Experiments on the determination of water potential in plant tissues by the small fluid flow method

Summary

The water status of plant tissues can be expressed in terms of water potential. The magnitude of the water potential of plant tissues can, to a certain extent, reflect the water demand status of plants. Generally speaking, when the plant tissue water potential is low, it is a reflection of water demand, so in agricultural production, the measurement of the change in plant tissue water potential can be used as a reference index for irrigation.
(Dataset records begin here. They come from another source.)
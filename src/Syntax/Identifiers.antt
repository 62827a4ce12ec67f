-- ===== src/Syntax/Identifiers.antt =====
-- Identifiers and variables (crates/themelios-syntax/src/lexer.rs) as the lexer reads them.
use themelios.Prelude.{
  suc, ◌+◌, ◌≡◌, refl, ap, Bool, true, false, if◌then◌else◌, [], ◌∷◌, ◌++◌, some, ◌==◌, ◌||◌, arith,
  Bool-cases, inl, inr, All, length,
}
use themelios.Base.Source.{Char, Chars}
use themelios.Base.Line.{take}
use themelios.Syntax.Token.{SyntaxKind, LexMode, Dialect, Lexed}
use themelios.Syntax.Scan.{chars, run, is_lower, is_upper, is_digit, is_whitespace}
use themelios.Syntax.Words.{same_text, name, is_prefix_char, is_inner_char}
use themelios.Syntax.Lexer.{shared, lex}

-- The text goes on with a character of the class.
abbrev pub goes_on : (Char → Bool) → Chars → Bool
goes_on admits [] = false
goes_on admits (c ∷ cs) = admits c

run-append :
    (admits : Char → Bool) (w rest : Chars)
    → All (λ d. admits d ≡ true) w
    → goes_on admits rest ≡ false
    → run admits (w ++ rest) ≡ length w
unfolding run
run-append admits [] [] h stop = refl
run-append admits [] (c ∷ rest) h stop = rw stop refl
run-append admits (d ∷ w) rest h stop = rw (h.0) (ap suc (run-append admits w rest h.1 stop))

take-append : (w rest : Chars) → take (length w) (w ++ rest) ≡ w
take-append [] rest = refl
take-append (c ∷ w) rest = ap (λ z. c ∷ z) (take-append w rest)

no_prefix :
    (c : Char) (cs : Chars) → (is_lower c || is_upper c) ≡ true → run is_prefix_char (c ∷ cs) ≡ 0
unfolding run
no_prefix c cs h = let other : is_prefix_char c ≡ false = ground (arith, h) in rw other refl

-- The kind of a word, by its first letter; `not` is the keyword.
abbrev pub word_kind : Char → Chars → SyntaxKind
word_kind c w =
    if is_lower c
    then (if same_text (c ∷ w) (chars "not") then SyntaxKind.kw_not else SyntaxKind.ident)
    else SyntaxKind.variable

word_name :
    (c : Char) (w rest : Chars)
    → (is_lower c || is_upper c) ≡ true
    → All (λ d. is_inner_char d ≡ true) w
    → goes_on is_inner_char rest ≡ false
    → name (c ∷ (w ++ rest)) ≡ some (word_kind c w, suc (length w))
unfolding name
word_name c w rest letter inner stop =
    let lone : run is_prefix_char (c ∷ (w ++ rest)) ≡ 0 = no_prefix c (w ++ rest) letter in
    let one : 0 + 1 + length w ≡ suc (length w) = omega arith in
    elim (Bool-cases (is_lower c)) [
      | inr capital ↦
          let upper : is_upper c ≡ true = ground (arith, letter, capital) in
          rw (lone, run-append is_inner_char w rest inner stop, capital, upper, one) refl
      | inl lower ↦ elim (Bool-cases (same_text (c ∷ w) (chars "not"))) [
        | inl keyword ↦
            rw
              (
                lone,
                run-append is_inner_char w rest inner stop,
                lower,
                one,
                take-append w rest,
                keyword,
              )
              refl
        | inr other ↦
            rw
              (
                lone,
                run-append is_inner_char w rest inner stop,
                lower,
                one,
                take-append w rest,
                other,
              )
              refl
      ]
    ]

-- The word is what `shared` reads where a letter comes first.
shared_word :
    (c : Char) (cs : Chars) (mode : LexMode) (dialect : Dialect) (token : Lexed)
    → (is_lower c || is_upper c) ≡ true
    → name (c ∷ cs) ≡ some token
    → shared c cs mode dialect ≡ token
unfolding shared
shared_word c cs mode dialect token letter named =
    let blank : is_whitespace c ≡ false = ground (arith, letter) in
    let percent : (c == b'%') ≡ false = ground (arith, letter) in
    let hash : (c == b'#') ≡ false = ground (arith, letter) in
    let quote : (c == b'"') ≡ false = ground (arith, letter) in
    let digit : is_digit c ≡ false = ground (arith, letter) in
    let word_ : (is_lower c || (is_upper c || (c == b'_' || c == b'\''))) ≡ true =
      ground (arith, letter) in
    rw (blank, percent, hash, quote, digit, word_, named) refl

-- In normal and theory mode, under either dialect, a letter with the longest run of name characters and
-- primes after it is one token: the keyword for `not`, an identifier for another word in a lower-case
-- letter, a variable for one in a capital.
pub lex-word :
    (c : Char) (w rest : Chars) (dialect : Dialect)
    → (is_lower c || is_upper c) ≡ true
    → All (λ d. is_inner_char d ≡ true) w
    → goes_on is_inner_char rest ≡ false
    → (lex (c ∷ (w ++ rest)) LexMode.normal dialect ≡ (word_kind c w, suc (length w)))
      × (lex (c ∷ (w ++ rest)) LexMode.theory dialect ≡ (word_kind c w, suc (length w)))
unfolding lex
lex-word c w rest dialect letter inner stop =
    let named = word_name c w rest letter inner stop in
    (
      shared_word c (w ++ rest) LexMode.normal dialect (word_kind c w, suc (length w)) letter named,
      shared_word c (w ++ rest) LexMode.theory dialect (word_kind c w, suc (length w)) letter named,
    )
When the plant tissue immersed in a variety of concentrations of solution, due to the exchange of water between the cells and solution, the solution concentration changes, the change in concentration caused by the change in specific gravity, therefore, when the immersed plant tissues of the solution drops back to the original corresponding solution, the droplets were floating, sinking or not moving, the droplets do not move that the solution immersed in the tissue after the concentration has not changed, the solution of the solute potential that is equal to the organization of the water potential.

Operation method

Experiments on the determination of water potential in plant tissues by the small fluid flow method

Materials and Instruments

Wheat Corn Kale Cotton Leaf Potato Tubers Beet Tubers
CaCl2 solution Methylene blue powder
Test tube racks Dissecting needles Finger test tubes Plugged graduated test tubes Pipettes Capillary burettes

Move

I. Materials and equipment

Materials: wheat, corn, kale, cotton leaves or potato tubers, beet tubers per group: 7 pcs. of 10 ml finger test tubes, 7 pcs. of 10 ml stoppered graduated test tubes, 1 pc. of 5 ml pipette, 1 pc. of 10 ml pipette, 1 pc. of 1 ml pipette. 7 capillary burettes

Equipment: test tube rack, dissecting needle

Drugs: 1 M CaCl2 solution, methylene blue powder

II. Experimental steps

1. 14 test tubes into two rows, according to the required volume in one of the rows were added to 1 M CaCl2 solution, so that its dilution to 10 M l and the concentration range of 0.1 M -0.4 M, this group for the control group, and then respectively, with a pipette from the control tube to take 1 ml added to the other group of test tubes, (low concentration to the high concentration of the matching), this group is known as the test group.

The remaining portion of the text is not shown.